Transcribe the entire listing, keeping each word as it is.

--- START ---

-- ===== src/Sse.antt =====
-- src/sse/parser.rs: the incremental parser of server-sent events. A chunk of the body and the
-- buffer are bytes; `usize` offsets are plain numbers, since they never pass the buffer's length.
pub mod Lines
pub mod Machine
pub mod Feeding
pub mod Chunks
pub mod Bounds
mod Tests
use anthroxy.Prelude.{
  ℕ, zero, suc, ◌+◌, ◌-◌, ◌*◌, ◌==◌, Bool, true, false, Option, none, some, List, [], ◌∷◌, ◌++◌,
  ltb, min, max, if◌then◌else◌, is_empty, length, drop, take, slice, Text, ascii, strip_prefix,
  position, split_on, join, is_utf8, Result, ok, err, not,
}

abbrev pub max_frame_bytes : ℕ
max_frame_bytes = 16 * 1024 * 1024

pub record Frame : Type 0 where
  pub payload : Text

pub data SseError : Type 0 where
  utf8 too_large : SseError

pub record Parser : Type 0 where
  pub buffer : Text
  -- Where the line being read starts.
  pub line_start : ℕ
  -- Bytes of `buffer` already searched for a newline.
  pub scanned : ℕ

-- `Parser::new`, and what `reset` leaves.
abbrev pub fresh : Parser
fresh = record { buffer = []; line_start = 0; scanned = 0 }

abbrev pub newline : ℕ
newline = 10

abbrev pub carriage_return : ℕ
carriage_return = 13

-- `line.strip_suffix(b"\r").unwrap_or(line)`
unfoldable pub strip_cr : Text → Text
strip_cr [] = []
strip_cr (b ∷ []) = if b == carriage_return then [] else b ∷ []
strip_cr (b ∷ c ∷ t) = b ∷ strip_cr (c ∷ t)

-- What `frame_end` returns: `Ok((end, next))`, or `Err(start)` of the line left open.
pub data FrameEnd : Type 0 where
  found : ℕ → ℕ → FrameEnd
  open_at : ℕ → FrameEnd

-- One round of the `while let` of `frame_end`, at what `position` returned; `again` is the round
-- after it, at the new `start` and `from`.
abbrev frame_end_at : (ℕ → ℕ → FrameEnd) → Text → ℕ → ℕ → Option ℕ → FrameEnd
frame_end_at again buf start from none = open_at start
frame_end_at again buf start from (some len) =
    let end = from + len in
    let rest = again (end + 1) (end + 1) in
    if is_empty (strip_cr (slice start end buf)) then found start (end + 1) else rest

-- The `while let` of `frame_end`; each round moves past one newline, so the fuel is the bytes left.
unfoldable pub frame_end_from : ℕ → Text → ℕ → ℕ → FrameEnd
unfolding strip_cr
frame_end_from zero buf start from = open_at start
frame_end_from (suc fuel) buf start from =
    frame_end_at (frame_end_from fuel buf) buf start from (position newline (drop from buf))

-- `clamp(start, buf.len())`
unfoldable pub frame_end : Text → ℕ → ℕ → FrameEnd
unfolding frame_end_from
frame_end buf line_start scanned =
    let start = min line_start (length buf) in
    frame_end_from (length buf + 1) buf start (min (max scanned start) (length buf))

-- `line.strip_prefix("data:")` with one leading space taken off.
unfoldable pub data_value : Text → Option Text
data_value line = elim (strip_prefix (ascii "data:") line) [
  | none ↦ none
  | some value ↦ elim (strip_prefix (ascii " ") value) [ none ↦ some value | some v ↦ some v ]
]

-- The values of the `data:` lines, in order; none stands for `data == None`.
unfoldable pub data_values : List Text → List Text
unfolding data_value strip_cr
data_values [] = []
data_values (line ∷ lines) =
    let rest = data_values lines in
    elim (data_value (strip_cr line)) [ none ↦ rest | some value ↦ value ∷ rest ]

unfoldable pub parse_frame : Text → Result SseError (Option Frame)
unfolding data_values is_utf8
parse_frame raw =
    if is_utf8 raw
    then (let text = join (ascii "\n") (data_values (split_on newline raw)) in
        ok (if is_empty text then none else some (record { payload = text })))
    else err utf8

-- A frame pushed before the frames that the later rounds push; an error drops them all.
abbrev pub push_front :
    Frame → Result SseError (List Frame) × Parser → Result SseError (List Frame) × Parser
push_front frame (ok frames, q) = (ok (frame ∷ frames), q)
push_front frame (err e, q) = (err e, q)

-- The match on `parse_frame(raw)`; `rest` is what the later rounds of the loop make of it.
abbrev pub then_frame :
    Result SseError (Option Frame)
    → Result SseError (List Frame) × Parser
    → Result SseError (List Frame) × Parser
then_frame (err e) rest = (err e, fresh)
then_frame (ok none) rest = rest
then_frame (ok (some frame)) rest = push_front frame rest

-- One round of the loop of `feed`, at what `frame_end` returned; `again` is the round after it, at
-- the new `consumed` and the parser with `line_start` and `scanned` reset.
abbrev pub feed_at :
    (ℕ → Result SseError (List Frame) × Parser)
    → Parser
    → ℕ
    → FrameEnd
    → Result SseError (List Frame) × Parser
feed_at again p consumed (found end next) =
    let rest = again (consumed + next) in
    then_frame (parse_frame (slice consumed (consumed + end) p.buffer)) rest
feed_at again p consumed (open_at start) = (
  ok [],
  record {
    buffer = drop consumed p.buffer;
    line_start = start;
    scanned = length p.buffer - consumed;
  },
)

-- The loop of `feed` over the frames of the buffer, from `consumed` on, with the `drain` behind it:
-- the frames found and the parser. Each round consumes at least one byte.
unfoldable pub feed_from : ℕ → Parser → ℕ → Result SseError (List Frame) × Parser
unfolding frame_end parse_frame
feed_from zero p consumed = (ok [], p)
feed_from (suc fuel) p consumed =
    feed_at (feed_from fuel (record p { line_start = 0; scanned = 0 })) p consumed
      (frame_end (drop consumed p.buffer) p.line_start p.scanned)

unfoldable pub feed : Parser → Text → Result SseError (List Frame) × Parser
unfolding feed_from
feed p chunk =
    let buffer = p.buffer ++ chunk in
    if ltb max_frame_bytes (length buffer)
    then (err too_large, fresh)
    else feed_from (length buffer + 1) (record p { buffer = buffer }) 0

unfoldable pub finish : Parser → Result SseError (List Frame) × Parser
unfolding parse_frame
finish p = then_frame (parse_frame p.buffer) (ok [], fresh)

--- END ---

> [Result of the task]:
-- ===== src/Sse.antt =====
-- src/sse/parser.rs: the incremental parser of server-sent events. A chunk of the body and the
-- buffer are bytes; `usize` offsets are plain numbers, since they never pass the buffer's length.
pub mod Lines
pub mod Machine
pub mod Feeding
pub mod Chunks
pub mod Bounds
mod Tests
use anthroxy.Prelude.{
  ℕ, zero, suc, ◌+◌, ◌-◌, ◌*◌, ◌==◌, Bool, true, false, Option, none, some, List, [], ◌∷◌, ◌++◌,
  ltb, min, max, if◌then◌else◌, is_empty, length, drop, take, slice, Text, ascii, strip_prefix,
  position, split_on, join, is_utf8, Result, ok, err, not,
}

abbrev pub max_frame_bytes : ℕ
max_frame_bytes = 16 * 1024 * 1024

pub record Frame : Type 0 where
  pub payload : Text

pub data SseError : Type 0 where
  utf8 too_large : SseError

pub record Parser : Type 0 where
  pub buffer : Text
  -- Where the line being read starts.
  pub line_start : ℕ
  -- Bytes of `buffer` already searched for a newline.
  pub scanned : ℕ

-- `Parser::new`, and what `reset` leaves.
abbrev pub fresh : Parser
fresh = record { buffer = []; line_start = 0; scanned = 0 }

abbrev pub newline : ℕ
newline = 10

abbrev pub carriage_return : ℕ
carriage_return = 13

-- `line.strip_suffix(b"\r").unwrap_or(line)`
unfoldable pub strip_cr : Text → Text
strip_cr [] = []
strip_cr (b ∷ []) = if b == carriage_return then [] else b ∷ []
strip_cr (b ∷ c ∷ t) = b ∷ strip_cr (c ∷ t)

-- What `frame_end` returns: `Ok((end, next))`, or `Err(start)` of the line left open.
pub data FrameEnd : Type 0 where
  found : ℕ → ℕ → FrameEnd
  open_at : ℕ → FrameEnd

-- One round of the `while let` of `frame_end`, at what `position` returned; `again` is the round
-- after it, at the new `start` and `from`.
abbrev frame_end_at : (ℕ → ℕ → FrameEnd) → Text → ℕ → ℕ → Option ℕ → FrameEnd
frame_end_at again buf start from none = open_at start
frame_end_at again buf start from (some len) =
    let end = from + len in
    let rest = again (end + 1) (end + 1) in
    if is_empty (strip_cr (slice start end buf)) then found start (end + 1) else rest

-- The `while let` of `frame_end`; each round moves past one newline, so the fuel is the bytes left.
unfoldable pub frame_end_from : ℕ → Text → ℕ → ℕ → FrameEnd
unfolding strip_cr
frame_end_from zero buf start from = open_at start
frame_end_from (suc fuel) buf start from =
    frame_end_at (frame_end_from fuel buf) buf start from (position newline (drop from buf))

-- `clamp(start, buf.len())`
unfoldable pub frame_end : Text → ℕ → ℕ → FrameEnd
unfolding frame_end_from
frame_end buf line_start scanned =
    let start = min line_start (length buf) in
    frame_end_from (length buf + 1) buf start (min (max scanned start) (length buf))

-- `line.strip_prefix("data:")` with one leading space taken off.
unfoldable pub data_value : Text → Option Text
data_value line = elim (strip_prefix (ascii "data:") line) [
  | none ↦ none
  | some value ↦ elim (strip_prefix (ascii " ") value) [ none ↦ some value | some v ↦ some v ]
]

-- The values of the `data:` lines, in order; none stands for `data == None`.
unfoldable pub data_values : List Text → List Text
unfolding data_value strip_cr
data_values [] = []
data_values (line ∷ lines) =
    let rest = data_values lines in
    elim (data_value (strip_cr line)) [ none ↦ rest | some value ↦ value ∷ rest ]

unfoldable pub parse_frame : Text → Result SseError (Option Frame)
unfolding data_values is_utf8
parse_frame raw =
    if is_utf8 raw
    then (let text = join (ascii "\n") (data_values (split_on newline raw)) in
        ok (if is_empty text then none else some (record { payload = text })))
    else err utf8

-- A frame pushed before the frames that the later rounds push; an error drops them all.
abbrev pub push_front :
    Frame → Result SseError (List Frame) × Parser → Result SseError (List Frame) × Parser
push_front frame (ok frames, q) = (ok (frame ∷ frames), q)
push_front frame (err e, q) = (err e, q)

-- The match on `parse_frame(raw)`; `rest` is what the later rounds of the loop make of it.
abbrev pub then_frame :
    Result SseError (Option Frame)
    → Result SseError (List Frame) × Parser
    → Result SseError (List Frame) × Parser
then_frame (err e) rest = (err e, fresh)
then_frame (ok none) rest = rest
then_frame (ok (some frame)) rest = push_front frame rest

-- One round of the loop of `feed`, at what `frame_end` returned; `again` is the round after it, at
-- the new `consumed` and the parser with `line_start` and `scanned` reset.
abbrev pub feed_at :
    (ℕ → Result SseError (List Frame) × Parser)
    → Parser
    → ℕ
    → FrameEnd
    → Result SseError (List Frame) × Parser
feed_at again p consumed (found end next) =
    let rest = again (consumed + next) in
    then_frame (parse_frame (slice consumed (consumed + end) p.buffer)) rest
feed_at again p consumed (open_at start) = (
  ok [],
  record {
    buffer = drop consumed p.buffer;
    line_start = start;
    scanned = length p.buffer - consumed;
  },
)

-- The loop of `feed` over the frames of the buffer, from `consumed` on, with the `drain` behind it:
-- the frames found and the parser. Each round consumes at least one byte.
unfoldable pub feed_from : ℕ → Parser → ℕ → Result SseError (List Frame) × Parser
unfolding frame_end parse_frame
feed_from zero p consumed = (ok [], p)
feed_from (suc fuel) p consumed =
    feed_at (feed_from fuel (record p { line_start = 0; scanned = 0 })) p consumed
      (frame_end (drop consumed p.buffer) p.line_start p.scanned)

unfoldable pub feed : Parser → Text → Result SseError (List Frame) × Parser
unfolding feed_from
feed p chunk =
    let buffer = p.buffer ++ chunk in
    if ltb max_frame_bytes (length buffer)
    then (err too_large, fresh)
    else feed_from (length buffer + 1) (record p { buffer = buffer }) 0

unfoldable pub finish : Parser → Result SseError (List Frame) × Parser
unfolding parse_frame
finish p = then_frame (parse_frame p.buffer) (ok [], fresh)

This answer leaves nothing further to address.